# Translation from German to English



## donk (Sep 7, 2009)

Hi all Can anyone help in translating my switches from German to English

switch rocker Beleuchtung and Aus

Battery guages I think with spannung and strom underneath them

very many thanks for your help Dave


----------



## CPW2007 (Aug 17, 2007)

Hi Dave,

"Beleuchtung" = Lights and "Aus" = Off

"Spannung" = voltage

Strom can have a few meanings depending on the context it is used but it can mean "Power", or "Electricity" or even perhaps the switch is a selector between mains and battery power?

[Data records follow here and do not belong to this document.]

-- ===== src/Ir/Nec/RoundTrip.antt =====
-- What `NEC_Receiver::decode` makes of a train of pulses that follows `setMessageTimes`.
use picolibs.Base.{
  ℕ, ◌+◌, ◌-◌, ◌*◌, ◌/◌, ◌%◌, ◌<◌, ◌≡◌, ap, ◌∙◌, Bool, true, false, ◌&&◌, some, List, [], ◌∷◌, ◌++◌,
  arith, ltb, ◌==◌, if◌then◌else◌, drop,
}
use picolibs.Bits.{xor_ff_test}
use picolibs.Ir.Pulse.{Close, Near, Near-drop}
use picolibs.Ir.Message.{Decoded, responds}
use picolibs.Ir.Nec.{nec_base_pulse, nec_message_len}
use picolibs.Ir.Nec.Transmitter.{message_times, message_bytes, second_byte, message_bytes_lem}
use picolibs.Ir.Nec.Receiver.{
  decode, decode_from, decode_data, check_data, join_addr, is_repeat, is_pulse,
}
use picolibs.Ir.PulseDistance.{encode_bytes}
use picolibs.Ir.PulseDistance.Decode.{decode_byte-encode_bytes}

-- A two-byte address whose bytes are each other's complement looks like a one-byte address.
abbrev pub is_ambiguous : ℕ → Bool
is_ambiguous addr = ltb 255 addr && (addr / 256 + addr % 256 == 255)

-- The address that a receiver hears.
abbrev pub heard_addr : ℕ → ℕ
heard_addr addr = if is_ambiguous addr then addr % 256 else addr

abbrev heard : ℕ → ℕ → ℕ → Decoded
heard addr func address = record {
  accepted = responds (heard_addr addr) address;
  addr = heard_addr addr;
  func = func % 256;
}

join_addr-second_byte :
    (addr : ℕ) → addr < 65536 → join_addr (addr % 256) (second_byte addr) ≡ heard_addr addr
join_addr-second_byte addr h = ground (arith, xor_ff_test (addr % 256) (second_byte addr))

check_data-heard :
    (addr func address : ℕ)
    → addr < 65536
    → check_data (addr % 256) (second_byte addr) (func % 256) (255 - func % 256) address
      ≡ heard addr func address
unfolding check_data
check_data-heard addr func address h =
    rw (join_addr-second_byte addr h, xor_ff_test (func % 256) (255 - func % 256) (omega arith))
      (let full : func % 256 + (255 - func % 256) ≡ 255 = omega arith in rw full)

decode_data-heard :
    (addr func address : ℕ) (ps rest : List ℕ)
    → addr < 65536
    → Near 281 (drop 2 ps) (encode_bytes nec_base_pulse (message_bytes addr func) ++ rest)
    → decode_data ps 3 address ≡ some (heard addr func address)
unfolding decode_data
decode_data-heard addr func address ps rest h near =
    let near0 = rw (message_bytes_lem addr func) at near in
    let (e0, near1) =
      decode_byte-encode_bytes nec_base_pulse 281 (omega arith) (addr % 256) 2
        (second_byte addr ∷ func % 256 ∷ (255 - func % 256) ∷ []) ps rest (omega arith) near0 in
    let (e1, near2) =
      decode_byte-encode_bytes nec_base_pulse 281 (omega arith) (second_byte addr) 18
        (func % 256 ∷ (255 - func % 256) ∷ []) ps rest (ground arith) near1 in
    let (e2, near3) =
      decode_byte-encode_bytes nec_base_pulse 281 (omega arith) (func % 256) 34
        ((255 - func % 256) ∷ []) ps rest (omega arith) near2 in
    let (e3, _) =
      decode_byte-encode_bytes nec_base_pulse 281 (omega arith) (255 - func % 256) 50 [] ps rest
        (omega arith) near3 in
    rw (e0, e1, e2, e3, check_data-heard addr func address h)

is_pulse_sixteen : (p : ℕ) → Close 281 p (nec_base_pulse * 16) → is_pulse 16 p ≡ true
is_pulse_sixteen p h = ground arith

is_pulse_eight : (p : ℕ) → Close 281 p (nec_base_pulse * 8) → is_pulse 8 p ≡ true
is_pulse_eight p h = ground arith

is_pulse_not_four : (p : ℕ) → Close 281 p (nec_base_pulse * 8) → is_pulse 4 p ≡ false
is_pulse_not_four p h = ground arith

decode_heard :
    (addr func address : ℕ) (ps : List ℕ)
    → addr < 65536
    → Near 281 ps (message_times addr func)
    → decode ps 67 address ≡ some (heard addr func address)
unfolding decode decode_from is_repeat message_times
decode_heard addr func address ps h near =
    let (p0, e0, c0, near1) = Near-drop 281 ps 0 _ _ near in
    let (p1, e1, c1, near2) = Near-drop 281 ps 1 _ _ near1 in
    rw (
      e0,
      is_pulse_sixteen p0 c0,
      decode_from,
      e1,
      is_pulse_not_four p1 c1,
      is_pulse_eight p1 c1,
      decode_data-heard addr func address ps _ h near2,
    )

-- A pulse train that stays within 281 microseconds of the message for an address below 65536 is
-- decoded to that address and to the low byte of the function, unless the address has two bytes
-- that are each other's complement. It is accepted exactly by a receiver for that address or for
-- `0xffff`.
pub nec_decode-message_times :
    (addr func address : ℕ) (ps : List ℕ)
    → addr < 65536
    → is_ambiguous addr ≡ false
    → Near 281 ps (message_times addr func)
    → decode ps nec_message_len address
      ≡ some (record { accepted = responds addr address; addr = addr; func = func % 256 })
nec_decode-message_times addr func address ps h clear near =
    let same : heard_addr addr ≡ addr = rw clear in
    decode_heard addr func address ps h near
    ∙ ap (λ (a : ℕ). some (record { accepted = responds a address; addr = a; func = func % 256 }))
        same

-- A two-byte address whose bytes are each other's complement is heard as its low byte, so a
-- receiver that is set up for the address never accepts its own messages.
pub nec_ambiguous_refused :
    (addr func : ℕ) (ps : List ℕ)
    → addr < 65536
    → is_ambiguous addr ≡ true
    → Near 281 ps (message_times addr func)
    → decode ps nec_message_len addr
      ≡ some (record { accepted = false; addr = addr % 256; func = func % 256 })
nec_ambiguous_refused addr func ps h clash near =
    decode_heard addr func addr ps h near ∙ ground arith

I'm sure someone with a Hymer will be along shortly and give you the right definition!

Regards

Chris


----------



## steco1958 (Mar 5, 2009)

First one 

Lighting, out

Second one

tension, river.

That is the exact translation from a translation site, I would read it as on and off. for the first one, as for the second I will let you make up your own mind.

Steve


----------



## sallytrafic (Jan 17, 2006)

I take it Steco1958 that your avatar is you after translating some German electrical safety notes  

I agree with CPW2000 but best wait for a Hymer owner for sure. I translated an electroblock control unit menu once and only got it 50% correct.


----------



## Wupert (Aug 6, 2007)

CPW2007 said:


> Hi Dave,
> 
> "Beleuchtung" = Lights and "Aus" = Off
> 
> ...


Strom is often used to describe electrical supply.

Wups


----------



## camallison (Jul 15, 2009)

From a half-German/Swiss whose first language is German:

switch rocker Beleuchtung = LIGHTING and Aus = OFF 

Battery guages I think with spannung = VOLTAGE and strom = CURRENT underneath them.

Glad to help!

Colin


----------